Saved entries
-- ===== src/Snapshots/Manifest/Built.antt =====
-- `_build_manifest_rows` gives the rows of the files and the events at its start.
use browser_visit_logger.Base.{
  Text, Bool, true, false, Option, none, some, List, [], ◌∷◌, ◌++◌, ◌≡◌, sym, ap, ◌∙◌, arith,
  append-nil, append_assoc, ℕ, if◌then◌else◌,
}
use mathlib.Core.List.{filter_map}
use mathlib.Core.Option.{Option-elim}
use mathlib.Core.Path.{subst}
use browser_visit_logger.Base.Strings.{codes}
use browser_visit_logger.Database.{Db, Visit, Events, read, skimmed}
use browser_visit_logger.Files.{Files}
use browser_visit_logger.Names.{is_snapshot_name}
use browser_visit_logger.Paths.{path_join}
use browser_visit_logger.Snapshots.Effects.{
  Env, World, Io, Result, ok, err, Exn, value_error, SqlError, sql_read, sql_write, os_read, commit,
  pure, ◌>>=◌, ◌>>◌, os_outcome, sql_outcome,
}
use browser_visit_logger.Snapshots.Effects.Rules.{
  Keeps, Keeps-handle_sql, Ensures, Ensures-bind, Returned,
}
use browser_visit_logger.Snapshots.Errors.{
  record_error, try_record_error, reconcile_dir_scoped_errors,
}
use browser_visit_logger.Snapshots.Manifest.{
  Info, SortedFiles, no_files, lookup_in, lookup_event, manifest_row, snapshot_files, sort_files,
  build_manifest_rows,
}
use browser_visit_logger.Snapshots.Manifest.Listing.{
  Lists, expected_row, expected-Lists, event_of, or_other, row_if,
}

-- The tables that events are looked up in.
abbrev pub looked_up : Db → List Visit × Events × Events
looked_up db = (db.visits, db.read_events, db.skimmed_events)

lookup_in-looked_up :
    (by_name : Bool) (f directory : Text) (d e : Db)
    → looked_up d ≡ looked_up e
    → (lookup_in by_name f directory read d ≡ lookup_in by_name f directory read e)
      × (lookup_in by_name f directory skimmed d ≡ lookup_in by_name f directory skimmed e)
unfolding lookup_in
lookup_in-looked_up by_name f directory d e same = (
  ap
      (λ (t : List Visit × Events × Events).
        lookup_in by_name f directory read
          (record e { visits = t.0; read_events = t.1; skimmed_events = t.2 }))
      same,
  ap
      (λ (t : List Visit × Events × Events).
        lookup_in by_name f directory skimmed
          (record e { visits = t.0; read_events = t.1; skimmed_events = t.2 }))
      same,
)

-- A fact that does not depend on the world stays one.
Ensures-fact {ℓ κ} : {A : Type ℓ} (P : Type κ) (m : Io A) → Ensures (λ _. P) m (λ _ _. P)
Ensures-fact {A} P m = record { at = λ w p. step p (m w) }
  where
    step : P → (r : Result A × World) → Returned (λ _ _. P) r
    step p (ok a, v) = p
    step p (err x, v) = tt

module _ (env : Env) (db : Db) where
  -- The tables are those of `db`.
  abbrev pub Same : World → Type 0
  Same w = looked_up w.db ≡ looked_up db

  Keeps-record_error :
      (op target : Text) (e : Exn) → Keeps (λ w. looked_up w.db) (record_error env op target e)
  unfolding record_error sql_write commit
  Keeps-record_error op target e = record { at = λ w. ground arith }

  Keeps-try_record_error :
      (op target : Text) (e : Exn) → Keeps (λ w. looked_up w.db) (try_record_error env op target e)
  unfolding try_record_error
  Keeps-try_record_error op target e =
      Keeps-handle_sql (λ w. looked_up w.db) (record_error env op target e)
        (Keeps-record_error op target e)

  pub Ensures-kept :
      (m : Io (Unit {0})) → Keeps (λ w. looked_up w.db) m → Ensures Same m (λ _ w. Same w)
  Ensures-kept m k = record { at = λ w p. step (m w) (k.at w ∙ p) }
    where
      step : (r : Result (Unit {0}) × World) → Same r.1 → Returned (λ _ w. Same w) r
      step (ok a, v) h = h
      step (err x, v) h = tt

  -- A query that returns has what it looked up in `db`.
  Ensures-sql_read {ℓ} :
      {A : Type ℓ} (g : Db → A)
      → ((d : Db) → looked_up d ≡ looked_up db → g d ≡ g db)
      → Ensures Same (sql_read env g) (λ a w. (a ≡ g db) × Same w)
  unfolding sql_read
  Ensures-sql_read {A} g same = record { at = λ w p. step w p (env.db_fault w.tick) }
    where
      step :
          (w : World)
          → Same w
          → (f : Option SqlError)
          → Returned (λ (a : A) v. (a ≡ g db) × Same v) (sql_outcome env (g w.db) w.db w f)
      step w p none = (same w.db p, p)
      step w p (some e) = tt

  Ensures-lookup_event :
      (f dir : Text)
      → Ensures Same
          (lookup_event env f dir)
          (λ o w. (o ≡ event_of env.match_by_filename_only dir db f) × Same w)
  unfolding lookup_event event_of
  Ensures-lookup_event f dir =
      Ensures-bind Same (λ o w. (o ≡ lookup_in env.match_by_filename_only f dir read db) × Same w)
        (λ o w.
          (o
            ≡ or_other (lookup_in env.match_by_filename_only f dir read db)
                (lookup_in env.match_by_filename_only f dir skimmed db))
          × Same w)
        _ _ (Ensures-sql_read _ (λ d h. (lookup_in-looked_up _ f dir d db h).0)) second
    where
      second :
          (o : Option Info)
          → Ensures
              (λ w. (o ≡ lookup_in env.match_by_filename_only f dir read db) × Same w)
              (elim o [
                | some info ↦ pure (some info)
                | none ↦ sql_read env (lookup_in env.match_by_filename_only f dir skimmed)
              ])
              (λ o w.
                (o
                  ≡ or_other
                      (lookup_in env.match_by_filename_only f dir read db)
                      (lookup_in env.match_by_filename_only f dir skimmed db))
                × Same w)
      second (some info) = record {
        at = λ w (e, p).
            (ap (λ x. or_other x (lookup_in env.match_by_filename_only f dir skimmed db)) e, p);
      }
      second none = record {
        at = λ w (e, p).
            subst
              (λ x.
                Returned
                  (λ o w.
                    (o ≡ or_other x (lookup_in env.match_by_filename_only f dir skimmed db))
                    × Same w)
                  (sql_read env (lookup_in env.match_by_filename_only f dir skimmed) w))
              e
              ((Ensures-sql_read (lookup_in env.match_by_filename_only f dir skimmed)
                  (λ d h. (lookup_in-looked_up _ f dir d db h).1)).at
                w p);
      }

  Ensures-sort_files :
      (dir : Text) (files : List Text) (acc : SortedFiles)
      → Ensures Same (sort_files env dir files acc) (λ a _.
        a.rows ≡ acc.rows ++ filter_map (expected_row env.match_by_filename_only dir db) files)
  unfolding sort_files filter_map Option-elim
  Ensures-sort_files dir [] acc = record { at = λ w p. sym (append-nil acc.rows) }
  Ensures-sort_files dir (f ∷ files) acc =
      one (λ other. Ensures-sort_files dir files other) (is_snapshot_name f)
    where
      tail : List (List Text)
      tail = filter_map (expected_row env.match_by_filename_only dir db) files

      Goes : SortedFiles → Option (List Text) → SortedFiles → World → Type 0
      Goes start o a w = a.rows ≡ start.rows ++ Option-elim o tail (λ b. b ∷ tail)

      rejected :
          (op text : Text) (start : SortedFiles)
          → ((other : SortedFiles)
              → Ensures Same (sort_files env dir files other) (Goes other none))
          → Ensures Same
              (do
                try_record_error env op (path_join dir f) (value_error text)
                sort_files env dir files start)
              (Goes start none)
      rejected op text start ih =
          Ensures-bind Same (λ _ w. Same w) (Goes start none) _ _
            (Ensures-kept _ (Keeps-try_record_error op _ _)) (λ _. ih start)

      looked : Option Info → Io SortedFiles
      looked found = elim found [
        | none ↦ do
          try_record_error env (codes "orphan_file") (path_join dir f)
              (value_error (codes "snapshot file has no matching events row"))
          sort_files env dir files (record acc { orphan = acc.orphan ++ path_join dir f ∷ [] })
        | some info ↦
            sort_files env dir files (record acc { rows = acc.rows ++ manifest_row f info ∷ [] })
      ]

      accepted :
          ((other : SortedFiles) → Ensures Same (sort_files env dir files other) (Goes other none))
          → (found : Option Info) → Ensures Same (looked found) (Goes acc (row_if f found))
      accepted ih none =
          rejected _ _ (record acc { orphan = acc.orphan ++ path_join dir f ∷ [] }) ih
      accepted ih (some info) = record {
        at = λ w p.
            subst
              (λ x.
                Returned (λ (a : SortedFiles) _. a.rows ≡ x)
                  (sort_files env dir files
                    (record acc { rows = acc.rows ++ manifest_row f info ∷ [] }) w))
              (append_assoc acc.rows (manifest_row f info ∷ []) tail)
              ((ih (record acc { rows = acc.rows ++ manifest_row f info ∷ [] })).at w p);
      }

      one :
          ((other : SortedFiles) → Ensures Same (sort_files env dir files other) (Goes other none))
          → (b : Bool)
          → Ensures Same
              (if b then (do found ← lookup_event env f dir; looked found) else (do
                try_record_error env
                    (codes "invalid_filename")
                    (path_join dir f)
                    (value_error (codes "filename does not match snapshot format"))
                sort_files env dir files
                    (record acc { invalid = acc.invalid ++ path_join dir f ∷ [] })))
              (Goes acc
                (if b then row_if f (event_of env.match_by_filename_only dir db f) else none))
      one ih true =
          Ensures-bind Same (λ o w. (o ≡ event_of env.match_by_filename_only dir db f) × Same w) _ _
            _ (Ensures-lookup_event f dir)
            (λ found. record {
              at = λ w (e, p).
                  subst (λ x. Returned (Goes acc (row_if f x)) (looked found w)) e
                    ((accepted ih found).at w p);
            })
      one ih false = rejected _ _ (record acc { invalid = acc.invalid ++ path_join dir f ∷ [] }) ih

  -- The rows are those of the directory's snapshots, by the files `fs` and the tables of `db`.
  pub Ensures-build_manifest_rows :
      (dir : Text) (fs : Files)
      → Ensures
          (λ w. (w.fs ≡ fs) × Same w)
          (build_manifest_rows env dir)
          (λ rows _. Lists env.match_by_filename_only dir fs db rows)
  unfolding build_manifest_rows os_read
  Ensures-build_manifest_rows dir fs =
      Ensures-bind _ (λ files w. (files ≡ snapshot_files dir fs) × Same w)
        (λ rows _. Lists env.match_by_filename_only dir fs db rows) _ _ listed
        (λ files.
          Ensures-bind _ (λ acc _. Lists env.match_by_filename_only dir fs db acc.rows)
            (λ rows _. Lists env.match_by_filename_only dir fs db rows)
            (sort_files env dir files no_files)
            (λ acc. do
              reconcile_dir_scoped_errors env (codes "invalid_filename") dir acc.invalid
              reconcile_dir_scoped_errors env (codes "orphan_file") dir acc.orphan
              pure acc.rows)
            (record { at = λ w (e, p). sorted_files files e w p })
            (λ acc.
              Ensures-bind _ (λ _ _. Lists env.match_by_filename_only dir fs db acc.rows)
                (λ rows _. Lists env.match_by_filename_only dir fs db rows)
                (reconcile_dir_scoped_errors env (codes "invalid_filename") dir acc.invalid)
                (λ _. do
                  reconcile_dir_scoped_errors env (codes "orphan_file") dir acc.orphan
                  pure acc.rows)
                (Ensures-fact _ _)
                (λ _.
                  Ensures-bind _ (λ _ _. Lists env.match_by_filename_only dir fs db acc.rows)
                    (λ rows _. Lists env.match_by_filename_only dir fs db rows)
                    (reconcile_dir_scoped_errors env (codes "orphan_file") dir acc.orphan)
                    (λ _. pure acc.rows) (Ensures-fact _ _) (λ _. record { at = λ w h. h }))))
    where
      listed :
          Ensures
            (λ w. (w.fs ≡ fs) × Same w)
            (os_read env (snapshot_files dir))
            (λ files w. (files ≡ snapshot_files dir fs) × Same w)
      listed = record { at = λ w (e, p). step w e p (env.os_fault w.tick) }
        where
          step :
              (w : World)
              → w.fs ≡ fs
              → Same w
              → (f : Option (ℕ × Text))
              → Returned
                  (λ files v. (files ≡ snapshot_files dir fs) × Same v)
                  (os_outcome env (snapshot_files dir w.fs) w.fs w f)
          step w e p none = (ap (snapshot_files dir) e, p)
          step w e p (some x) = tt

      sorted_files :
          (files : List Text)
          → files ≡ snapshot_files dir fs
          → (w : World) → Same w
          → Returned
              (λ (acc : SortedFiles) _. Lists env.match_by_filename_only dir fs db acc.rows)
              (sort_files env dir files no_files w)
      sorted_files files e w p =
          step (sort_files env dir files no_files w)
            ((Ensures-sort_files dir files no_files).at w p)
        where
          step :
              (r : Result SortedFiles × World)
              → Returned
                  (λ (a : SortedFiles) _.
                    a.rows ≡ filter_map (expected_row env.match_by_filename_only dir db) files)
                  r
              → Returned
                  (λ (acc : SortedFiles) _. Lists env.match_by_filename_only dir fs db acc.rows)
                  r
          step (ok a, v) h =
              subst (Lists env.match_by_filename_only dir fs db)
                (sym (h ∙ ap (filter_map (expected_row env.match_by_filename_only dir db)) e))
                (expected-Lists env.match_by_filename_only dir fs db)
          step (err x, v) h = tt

(Exercise goal) Copy out, from the data above, every line holding the word "kept".

(Problem solution)
  pub Ensures-kept :
  Ensures-kept m k = record { at = λ w p. step (m w) (k.at w ∙ p) }
            (Ensures-kept _ (Keeps-try_record_error op _ _)) (λ _. ih start)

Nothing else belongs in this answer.